Now, as a result of the Bowie incident, the Maryland Racing Commission has abolished the twin double at Bowie, at Laurel and at Pimlico. We congratulate the commission on its hindsight.
NEARING THE WALL
During the early days of January, Bobby Hull of the Chicago Black Hawks seemed a cinch to become the first man to vault hockey's highest wall—the 50-goal season. Then he slumped and was held scoreless for 21 long periods. Now Bobby is back in the scoring column. He finally got his 38th goal last Saturday and has 21 games left to score 13 goals and thereby surpass the record he holds jointly with Maurice Richard and Bernie (Boom Boom) Geoffrion. It is interesting to note that he is 10 games ahead of his own pace of 1961-62 and nine ahead of Geoffrion's in 1960-61. (Richard got his 38th goal in the 35th game in 1944-45 when the schedule was only 50 games.)
Tommy Ivan, general manager of the Hawks, complained last week that the opposition is constantly fouling Hull, thus deterring him from scoring. There is truth in this, but the other side of the coin is that this almost total concentration on Hull is helping the rest of the Hawks to score. While Hull was in his slump his mates collected an average of nearly four goals per game. Four goals win a lot of hockey games.
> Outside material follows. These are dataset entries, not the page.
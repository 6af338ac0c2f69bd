-- ===== src/Protocol/TextCodec/Refusing.antt =====
-- What a line is refused for.
use sixchange.Base.{
  true, false, ℕ, ◌<◌, ◌≡◌, ◌≢◌, refl, sym, ap, ◌∙◌, subst, arith, Bool-cases, inl, inr, some, List,
  [], ◌∷◌, Bytes, codes, same, same→eq, same_refl, Expected, value, unexpected, IsNumeral, ltb,
  ltb→lt, length,
}
use sixchange.Core.Enums.{RejectReason}
use sixchange.Protocol.Messages.{OrderRejected}
use sixchange.Protocol.Cursor.{next, empty, is_empty}
use sixchange.Protocol.Parsing.{nil_of_empty}
use sixchange.Protocol.Words.{words, Reads, next-Reads, no_words, empty-words}
use sixchange.Protocol.TextCodec.{
  DecodeResult, decode, decode_message, decode_tokens, decode_cancel_order, cancel_with, field,
  parse_positive, ◌>>=◌, max_message_length, strip,
}
use sixchange.Protocol.TextCodec.Reading.{field-value, IsNumeral-parse_positive}
use sixchange.Protocol.TextCodec.Rejections.{
  Refuses, anonymous, IsPositive, Faulty, NamesFault, Outcome, new_order_fields, field-Outcome,
  parse_positive-Accepts, decode_new_order-NamesFault,
}

-- Whether the words start with a positive numeral.
abbrev pub StartsPositive : List Bytes → Type 0
StartsPositive [] = ⊥
StartsPositive (w ∷ ws) = IsPositive w

-- The rejections of a cancel request with these words behind its first: no order is named before its
-- id is read, and that order afterwards, when not exactly one word follows.
pub data IsCancelRefusal (ws : List Bytes) : OrderRejected → Type 0 where
  no_id : ¬ StartsPositive ws → IsCancelRefusal ws (anonymous RejectReason.invalid_message)
  not_one :
      (id : Bytes) (n : ℕ) (rest : List Bytes)
      → ws ≡ id ∷ rest
      → IsNumeral id n
      → 0 < n
      → length rest ≢ 1
      → IsCancelRefusal ws
          (record { client_order_id = some n; reason = RejectReason.invalid_message })

-- The rejections of a line with these words.
pub data IsWordsRefusal (ws : List Bytes) : OrderRejected → Type 0 where
  no_word : ws ≡ [] → IsWordsRefusal ws (anonymous RejectReason.invalid_message)
  unknown_type :
      (w : Bytes) (rest : List Bytes)
      → ws ≡ w ∷ rest
      → w ≢ codes "N"
      → w ≢ codes "C"
      → IsWordsRefusal ws (anonymous RejectReason.invalid_message)
  new_order :
      (rest : List Bytes)
      → ws ≡ codes "N" ∷ rest
      → (reason : RejectReason) → Faulty new_order_fields rest reason
      → IsWordsRefusal ws (anonymous reason)
  cancel_order :
      (rest : List Bytes)
      → ws ≡ codes "C" ∷ rest
      → (r : OrderRejected) → IsCancelRefusal rest r
      → IsWordsRefusal ws r

-- The rejections of a line. Its words are those without a carriage return at the end.
pub data IsRefusal (line : Bytes) : OrderRejected → Type 0 where
  too_long : 256 < length line → IsRefusal line (anonymous RejectReason.invalid_message)
  by_words : (r : OrderRejected) → IsWordsRefusal (words (strip line)) r → IsRefusal line r

not_one_word :
    (s w : Bytes) (ws : List Bytes) → words s ≡ ws → (empty s).1 ≡ false → length (w ∷ ws) ≢ 1
not_one_word s w [] e more = let none_left = sym more ∙ empty-words s ∙ ap no_words e in cc
not_one_word s w (v ∷ ws) e more = λ h. absurd (omega (arith, h))

module _ (s : Bytes) (id : Bytes) (n : ℕ) (t : Bytes) (line : words s ≡ id ∷ words t)
    (numeral : IsNumeral id n) (positive : 0 < n) where
  cancel_with-Refuses :
      (ws : List Bytes)
      → words t ≡ ws
      → Refuses (IsCancelRefusal (words s)) (cancel_with n (next t).0 (next t).1)
  unfolding cancel_with
  cancel_with-Refuses [] e =
      let none_left = (subst (λ vs. Reads vs (next t)) e (next-Reads t)).0 in
      rw none_left
        (not_one id n (words t) line numeral positive (λ h. absurd (omega (arith, ap length e, h))))
  cancel_with-Refuses (w ∷ ws) e =
      let (token, rest) = subst (λ vs. Reads vs (next t)) e (next-Reads t) in
      rw token (elim (Bool-cases (empty (next t).0).1) [
        | inl last ↦ rw last tt
        | inr more ↦ rw more (
            not_one id n (words t) line numeral positive
              (subst (λ vs. length vs ≢ 1) (sym e) (not_one_word (next t).0 w ws rest more)))
      ])

decode_cancel_order-Refuses :
    (s : Bytes) → Refuses (IsCancelRefusal (words s)) (decode_cancel_order s)
unfolding decode_cancel_order ◌>>=◌
decode_cancel_order-Refuses s =
    by_id (field parse_positive RejectReason.invalid_message s) refl (
      field-Outcome parse_positive IsPositive RejectReason.invalid_message s parse_positive-Accepts)
  where
    unread :
        (ws : List Bytes)
        → ¬ StartsPositive ws
        → (r : OrderRejected) → r ≡ anonymous RejectReason.invalid_message
        → IsCancelRefusal ws r
    unread ws none_there r e = subst (IsCancelRefusal ws) (sym e) (no_id none_there)

    by_id :
        (x : Expected (ℕ × Bytes) OrderRejected)
        → field parse_positive RejectReason.invalid_message s ≡ x
        → Outcome IsPositive RejectReason.invalid_message (words s) x
        → Refuses (IsCancelRefusal (words s)) (elim x [
          | value (n, t) ↦ cancel_with n (next t).0 (next t).1
          | unexpected r ↦ unexpected r
        ])
    by_id (value (n, t)) e h =
        let (id, line, p) = field-value parse_positive RejectReason.invalid_message s n t e in
        let (numeral, positive) = IsNumeral-parse_positive id n p in
        cancel_with-Refuses s id n t line numeral positive (words t) refl
    by_id (unexpected r) e (inl (none_left, is)) =
        unread (words s) (subst (λ ws. ¬ StartsPositive ws) (sym none_left) (λ h. h)) r is
    by_id (unexpected r) e (inr (w, rest, line, bad, is)) =
        unread (words s) (subst (λ ws. ¬ StartsPositive ws) (sym line) bad) r is

new_order-Refuses :
    (ws rest : List Bytes) (d : DecodeResult)
    → ws ≡ codes "N" ∷ rest
    → Refuses (NamesFault new_order_fields rest) d
    → Refuses (IsWordsRefusal ws) d
new_order-Refuses ws rest (value m) e h = tt
new_order-Refuses ws rest (unexpected r) e (reason, fault, is) =
    subst (IsWordsRefusal ws) (sym is) (new_order rest e reason fault)

cancel-Refuses :
    (ws rest : List Bytes) (d : DecodeResult)
    → ws ≡ codes "C" ∷ rest
    → Refuses (IsCancelRefusal rest) d
    → Refuses (IsWordsRefusal ws) d
cancel-Refuses ws rest (value m) e h = tt
cancel-Refuses ws rest (unexpected r) e h = cancel_order rest e r h

not_same : (w v : Bytes) → same w v ≡ false → w ≢ v
not_same w v other e = let known = ap (λ t. same t v) e ∙ same_refl v in cc

decode_tokens-Refuses :
    (s : Bytes) (ws : List Bytes)
    → words s ≡ ws
    → Refuses (IsWordsRefusal ws) (decode_tokens (next s).0 (next s).1)
unfolding decode_tokens
decode_tokens-Refuses s [] h =
    let none_left = (subst (λ vs. Reads vs (next s)) h (next-Reads s)).0 in
    rw none_left (no_word refl)
decode_tokens-Refuses s (w ∷ ws) h =
    let (token, rest) = subst (λ vs. Reads vs (next s)) h (next-Reads s) in
    rw token (elim (Bool-cases (same w (codes "N"))) [
      | inl is_new ↦ rw is_new (
          new_order-Refuses (w ∷ ws) (words (next s).0) _
            (ap (λ v. v ∷ ws) (same→eq w (codes "N") is_new) ∙ ap (λ vs. codes "N" ∷ vs) (sym rest))
            (decode_new_order-NamesFault (next s).0))
      | inr not_new ↦ elim (Bool-cases (same w (codes "C"))) [
        | inl is_cancel ↦
            rw (not_new, is_cancel)
              (cancel-Refuses (w ∷ ws) (words (next s).0) _
                (ap (λ v. v ∷ ws) (same→eq w (codes "C") is_cancel)
                  ∙ ap (λ vs. codes "C" ∷ vs) (sym rest))
                (decode_cancel_order-Refuses (next s).0))
        | inr neither ↦
            rw (not_new, neither)
              (unknown_type w ws refl (not_same w (codes "N") not_new)
                (not_same w (codes "C") neither))
      ]
    ])

of_words :
    (line : Bytes) (d : DecodeResult)
    → Refuses (IsWordsRefusal (words (strip line))) d
    → Refuses (IsRefusal line) d
of_words line (value m) h = tt
of_words line (unexpected r) h = by_words r h

words_of_empty : (s : Bytes) → is_empty s ≡ true → words s ≡ []
unfolding words
words_of_empty s e = ap words (nil_of_empty s e)

-- A line that is refused is refused for what is wrong with it. It has more than 256 bytes, or no
-- word, or its first word is neither N nor C: then it is a bad message that names no order. A new
-- order names no order either, and its reason is that of the first of its seven words that is
-- missing or not as it must be: a bad price or a bad quantity for a price or a quantity that is no
-- positive number, and a bad message otherwise, also for an eighth word. A cancel request is a bad
-- message; it names no order unless its id is a positive number, and then that one, since not
-- exactly one word follows the id.
pub decode-IsRefusal : (line : Bytes) → Refuses (IsRefusal line) (decode line)
unfolding decode decode_message
decode-IsRefusal line = elim (Bool-cases (ltb max_message_length (length line))) [
  | inl long ↦ rw long (too_long (ltb→lt max_message_length (length line) long))
  | inr short ↦ elim (Bool-cases (is_empty (strip line))) [
    | inl empty_line ↦
        rw (short, empty_line)
          (of_words line (unexpected (anonymous RejectReason.invalid_message))
            (no_word (words_of_empty (strip line) empty_line)))
    | inr some_text ↦
        rw (short, some_text)
          (of_words line _ (decode_tokens-Refuses (strip line) (words (strip line)) refl))
  ]
]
Last weekend only seven points separated the first four teams in the National Hockey League. Leaning heavily on Hull while his mates score is a policy that soon will be junked out of necessity. The next two weeks should tell whether he can top that 50, if he recovers quickly from a knee injury, because he probably will be getting more elbow room as the teams fight for position. As everyone knows, Bobby never has needed much elbow room.
TOUGH COURSE
We are always pleased to report on college athletes who achieve top grades, even though it is by no means news that many of them do. The satisfaction derives from the destruction of one more stereotype.
The case of Bill Backensto, leading scorer on the University of Toledo's basketball team, is a puzzler, though. He is a sophomore in the university's College of Engineering, and he is making straight A's in such formidable subjects as calculus, psychology, economics and political science. His cumulative average is 3.84 out of a possible 4.00. Where he falls down is in physical education. His first-semester mark: a miserable B.
ILLUSTRATION
THEY SAID IT
•Danny O'Connell, retiring coach of the Washington Senators, recalling a game in which he hit three triples off the Phillies' Robin Roberts, earning him a record-book citation along with 33 others: "Roberts and I talk about it every time I see him; I usually bring it up."
•Eddie Arcaro, on how he keeps his weight down to a mere 10 pounds over his riding weight: "I worry it off; I'm president of an insurance company."
•Demosthenes Konstandies Andrecopolous, alias Dee Andros, Oregon State football coach: "I dropped the Greek spelling long ago; I could never remember how to spell it myself."